For general information on how to use the visit framework see Using the Visit Framework.

If you want to log more information about logged-in users, like e.g. the user name or permissions, have a look at the Identity documentation.

Custom Visit Managers

If you want to store visit object in a different storage backend, customize how visit objeccts are created and updated or perform any house-keeping tasks while the visit framework is running, you need to implement your own visit manager.

Setting the Visit Manager

TurboGears comes with two standard visit managers, one with a SQLObject backend and another for SQLAlchemy. Which one is used is determined by the configuration setting visit.manager, whose value is normally sqlobject or sqlalchemy. When you want to use a custom visit manager, you have to register it as a plugin for the turbogears.visit.manager entry-point via the setup.py file of the package which includes the visit manager class.
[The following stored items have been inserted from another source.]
-- ===== src/Bridge.antt =====
-- Utils/Tokeer/TokeerParsing.h and .cpp: the hexadecimal and flat JSON texts of the code server, and
-- the argument of an address that refreshes achievements.
pub mod Hex
pub mod Json
pub mod Arg
use mathlib.Core.Option
use better_steam_tools_ameth.Base.{
  suc, ℕ, ◌+◌, ◌-◌, ◌*◌, ◌%◌, ◌^◌, Bool, true, false, not, ◌&&◌, ◌||◌, Option, none, some, [], ◌∷◌,
  ◌++◌, ◌==◌, ltb, leb, if◌then◌else◌, length, drop,
}
use better_steam_tools_ameth.Base.Text.{Bytes, codes, find, find_from, bytes_eq}
use better_steam_tools_ameth.Base.Find.{substr}
use better_steam_tools_ameth.Numbers.{parse_strict}

-- `HexNibble`; none is -1
unfoldable pub hex_nibble : ℕ → Option ℕ
hex_nibble c =
    if leb b'0' c && leb c b'9'
    then some (c - b'0')
    else if leb b'a' c && leb c b'f'
    then some (c - b'a' + 10)
    else if leb b'A' c && leb c b'F'
    then some (c - b'A' + 10)
    else none

abbrev pub push_pair : Option ℕ → Option ℕ → Option Bytes → Option Bytes
push_pair (some hi) (some lo) (some out) = some ((hi * 16 + lo) ∷ out)
push_pair _ _ _ = none

-- the loop of `HexToBytes`, which reads two digits a round; an odd rest cannot occur
unfoldable pub hex_pairs : Bytes → Option Bytes
hex_pairs [] = some []
hex_pairs (a ∷ []) = none
hex_pairs (a ∷ b ∷ hex) = push_pair (hex_nibble a) (hex_nibble b) (hex_pairs hex)

abbrev pub is_blank_text : Bytes → Bool
is_blank_text [] = true
is_blank_text (c ∷ cs) = false

unfoldable pub hex_to_bytes : Bytes → Option Bytes
unfolding hex_pairs hex_nibble
hex_to_bytes hex = if is_blank_text hex || not (length hex % 2 == 0) then none else hex_pairs hex

-- `find_first_of`, from the start
unfoldable pub find_first_of : (ℕ → Bool) → Bytes → Option ℕ
find_first_of inside [] = none
find_first_of inside (c ∷ cs) =
    if inside c then some 0 else Option.map suc (find_first_of inside cs)

-- with a start position
unfoldable pub find_first_of_from : (ℕ → Bool) → Bytes → ℕ → Option ℕ
find_first_of_from inside text pos =
    if leb pos (length text)
    then Option.map (λ k. pos + k) (find_first_of inside (drop pos text))
    else none

abbrev pub is_delimiter : ℕ → Bool
is_delimiter c = c == b',' || c == b'}'

abbrev pub is_past : Option ℕ → ℕ → Bool
is_past none q = false
is_past (some delim) q = ltb delim q

unfoldable pub quoted : Bytes → Bytes
quoted key = b'"' ∷ (key ++ (b'"' ∷ []))

-- `JsonString`; where it fails, `out` stays as it was
unfoldable pub json_string : Bytes → Bytes → Option Bytes
json_string body key = elim (find (quoted key) body) [
  | none ↦ none
  | some k ↦ elim (find_from (b':' ∷ []) body (k + length (quoted key))) [
    | none ↦ none
    | some colon ↦ elim (find_from (b'"' ∷ []) body (colon + 1)) [
      | none ↦ none
      | some q1 ↦
          if is_past (find_first_of_from is_delimiter body (colon + 1)) q1
          then none
          else elim (find_from (b'"' ∷ []) body (q1 + 1)) [
            | none ↦ none
            | some q2 ↦ some (substr body (q1 + 1) (q2 - q1 - 1))
          ]
    ]
  ]
]

-- a byte that " \t" does not hold
abbrev pub is_other : ℕ → Bool
is_other c = not (c == b' ' || c == b'\t')

-- the comparison of two positions, `npos` included
abbrev pub same_position : Option ℕ → Option ℕ → Bool
same_position none none = true
same_position none (some b) = false
same_position (some a) none = false
same_position (some a) (some b) = a == b

unfoldable pub json_true : Bytes → Bytes → Bool
json_true body key = elim (find (quoted key) body) [
  | none ↦ false
  | some k ↦ elim (find_from (b':' ∷ []) body (k + length (quoted key))) [
    | none ↦ false
    | some colon ↦
        same_position (find_from (codes "true") body (colon + 1))
          (find_first_of_from is_other body (colon + 1))
  ]
]

pub data RefreshTarget : Type 0 where
  all_apps : RefreshTarget
  one_app : ℕ → RefreshTarget

-- `ParseRefreshAchievementsArg`
unfoldable pub parse_refresh_achievements_arg : Bytes → Option RefreshTarget
parse_refresh_achievements_arg arg =
    if is_blank_text arg || bytes_eq arg (codes "all")
    then some all_apps
    else elim (parse_strict 10 (2 ^ 32) arg) [
      | none ↦ none
      | some app_id ↦ if app_id == 0 then none else some (one_app app_id)
    ]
For example, if your custom visit manager class is MyVisitManager in the module mypackage.myvisit, you would add the following to the setup call:

setup(
    # [...]
    entry_points="""
        [turbogears.visit.manager]
        my_visit_mamager = mypkg.myvisit:MyVisitManager
    """,
    # end new
)

You can then use my_visit_manager as the value for the visit.manager configuration setting.

Since TurboGears 1.1 it is also possible to specify the visit manager class directly with visit.manager using a fully-qualified dotted-path notation, for example:

visit.manager = 'mypkg.myvisit.MyVisitManager'

Implementing a Visit Manager

The visit manager is responsible for keping track of visits, creating new ones, updating existing ones and handle the communication with the storage backend. Custom visit managers should be sub.classed from one of the standard visit managers (turbogears.visit.sovisit.SqlObjectVisitManager or turbogears.visit.savisit.SqlAlchemyVisitManager) or the abstract base class in turbogears.api.BaseVisitManager. The must provide the following methods:

create_model(self)
Should create the visit data model in the storage backend. Should handle being called several times gracefully.
new_visit_with_key(self, visit_key)
Should return a new Visit object with the given key.
visit_for_key(self, visit_key)

Should return an existing Visit object for this key.

Should return None if the visit doesn’t exist or has expired.

update_queued_visits(self, queue)
Should update all visits in queue with the new expiration time. queue is a dictionary mapping visit keys to the expiration time, a datetime.datetime object.

Since the visit manager runs i its own thread, care should be taken that updates to the storage backend are always made as atomic transactions.